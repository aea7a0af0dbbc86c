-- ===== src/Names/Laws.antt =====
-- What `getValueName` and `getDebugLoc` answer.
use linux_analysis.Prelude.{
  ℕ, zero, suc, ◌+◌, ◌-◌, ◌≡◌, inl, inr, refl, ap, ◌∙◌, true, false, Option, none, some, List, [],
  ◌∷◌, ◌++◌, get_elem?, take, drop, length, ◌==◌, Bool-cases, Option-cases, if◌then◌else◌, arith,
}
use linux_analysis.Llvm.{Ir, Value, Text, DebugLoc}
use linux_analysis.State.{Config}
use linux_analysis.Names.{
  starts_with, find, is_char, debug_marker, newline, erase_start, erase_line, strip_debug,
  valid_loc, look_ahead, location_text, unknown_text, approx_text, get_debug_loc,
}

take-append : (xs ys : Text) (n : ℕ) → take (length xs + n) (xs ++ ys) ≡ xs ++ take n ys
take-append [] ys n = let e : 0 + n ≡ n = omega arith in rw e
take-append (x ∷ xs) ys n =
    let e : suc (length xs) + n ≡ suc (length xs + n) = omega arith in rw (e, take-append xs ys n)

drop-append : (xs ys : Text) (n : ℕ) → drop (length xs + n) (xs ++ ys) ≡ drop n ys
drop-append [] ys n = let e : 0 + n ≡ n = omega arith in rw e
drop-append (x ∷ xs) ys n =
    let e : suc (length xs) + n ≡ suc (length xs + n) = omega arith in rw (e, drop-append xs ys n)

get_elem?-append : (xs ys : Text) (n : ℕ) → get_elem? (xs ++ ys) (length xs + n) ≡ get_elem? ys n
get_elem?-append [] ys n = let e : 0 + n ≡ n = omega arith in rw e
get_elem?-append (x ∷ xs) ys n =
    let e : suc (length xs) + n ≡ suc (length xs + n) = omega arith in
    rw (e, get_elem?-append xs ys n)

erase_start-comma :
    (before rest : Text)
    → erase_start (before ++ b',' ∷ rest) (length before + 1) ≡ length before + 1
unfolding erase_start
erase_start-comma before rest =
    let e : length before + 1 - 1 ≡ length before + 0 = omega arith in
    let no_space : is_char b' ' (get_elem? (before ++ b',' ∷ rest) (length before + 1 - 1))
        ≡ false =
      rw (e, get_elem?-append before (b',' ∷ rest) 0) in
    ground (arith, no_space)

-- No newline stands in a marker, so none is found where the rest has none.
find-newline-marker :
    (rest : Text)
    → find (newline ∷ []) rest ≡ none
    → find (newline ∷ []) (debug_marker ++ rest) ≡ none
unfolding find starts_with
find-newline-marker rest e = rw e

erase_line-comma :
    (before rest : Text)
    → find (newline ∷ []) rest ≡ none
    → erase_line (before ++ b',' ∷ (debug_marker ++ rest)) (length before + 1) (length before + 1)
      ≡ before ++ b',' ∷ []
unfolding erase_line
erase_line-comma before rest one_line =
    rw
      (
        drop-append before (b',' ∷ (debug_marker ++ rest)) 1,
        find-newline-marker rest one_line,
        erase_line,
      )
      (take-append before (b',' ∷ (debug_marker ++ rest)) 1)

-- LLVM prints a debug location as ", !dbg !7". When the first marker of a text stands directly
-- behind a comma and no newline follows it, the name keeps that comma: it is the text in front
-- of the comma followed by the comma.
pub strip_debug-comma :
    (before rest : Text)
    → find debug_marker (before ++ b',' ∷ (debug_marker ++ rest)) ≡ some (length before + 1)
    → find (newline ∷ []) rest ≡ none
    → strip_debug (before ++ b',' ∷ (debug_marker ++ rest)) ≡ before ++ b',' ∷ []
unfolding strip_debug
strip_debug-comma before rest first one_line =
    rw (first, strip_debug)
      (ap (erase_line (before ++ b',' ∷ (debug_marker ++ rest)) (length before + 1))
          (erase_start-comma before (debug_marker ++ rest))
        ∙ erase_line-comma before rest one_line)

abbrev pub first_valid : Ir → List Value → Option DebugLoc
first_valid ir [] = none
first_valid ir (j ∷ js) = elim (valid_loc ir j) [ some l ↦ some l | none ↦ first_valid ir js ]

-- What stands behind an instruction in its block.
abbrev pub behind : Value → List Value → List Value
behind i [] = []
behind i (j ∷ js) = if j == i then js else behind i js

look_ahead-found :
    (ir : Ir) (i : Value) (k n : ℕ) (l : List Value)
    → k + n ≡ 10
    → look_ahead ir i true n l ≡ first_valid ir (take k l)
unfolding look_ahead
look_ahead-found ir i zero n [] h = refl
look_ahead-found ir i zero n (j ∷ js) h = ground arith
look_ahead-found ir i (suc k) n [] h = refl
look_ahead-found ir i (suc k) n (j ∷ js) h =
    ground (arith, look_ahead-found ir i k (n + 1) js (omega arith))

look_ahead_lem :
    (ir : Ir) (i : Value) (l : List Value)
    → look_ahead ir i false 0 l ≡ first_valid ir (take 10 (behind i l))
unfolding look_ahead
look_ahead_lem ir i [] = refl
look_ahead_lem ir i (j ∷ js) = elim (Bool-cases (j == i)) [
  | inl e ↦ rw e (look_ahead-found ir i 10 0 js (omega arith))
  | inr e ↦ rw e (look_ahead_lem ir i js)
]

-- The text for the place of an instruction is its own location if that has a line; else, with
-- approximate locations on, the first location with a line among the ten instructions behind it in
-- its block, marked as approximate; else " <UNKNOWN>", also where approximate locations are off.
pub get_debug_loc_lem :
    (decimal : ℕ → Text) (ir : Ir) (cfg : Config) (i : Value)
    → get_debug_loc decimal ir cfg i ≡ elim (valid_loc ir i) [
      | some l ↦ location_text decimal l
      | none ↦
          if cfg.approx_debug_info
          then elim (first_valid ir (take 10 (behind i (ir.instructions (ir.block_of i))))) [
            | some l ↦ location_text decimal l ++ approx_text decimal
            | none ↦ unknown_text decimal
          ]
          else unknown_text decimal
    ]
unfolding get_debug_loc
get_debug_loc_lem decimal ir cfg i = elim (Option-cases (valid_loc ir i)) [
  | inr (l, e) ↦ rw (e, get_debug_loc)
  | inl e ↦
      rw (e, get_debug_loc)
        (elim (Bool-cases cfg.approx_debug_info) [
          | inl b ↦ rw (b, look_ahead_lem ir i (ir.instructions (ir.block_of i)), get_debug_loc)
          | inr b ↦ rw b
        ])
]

Task to carry out.
Note each line of the material holding "What" and copy it out.

Reply to the exercise.
-- What `getValueName` and `getDebugLoc` answer.
-- What stands behind an instruction in its block.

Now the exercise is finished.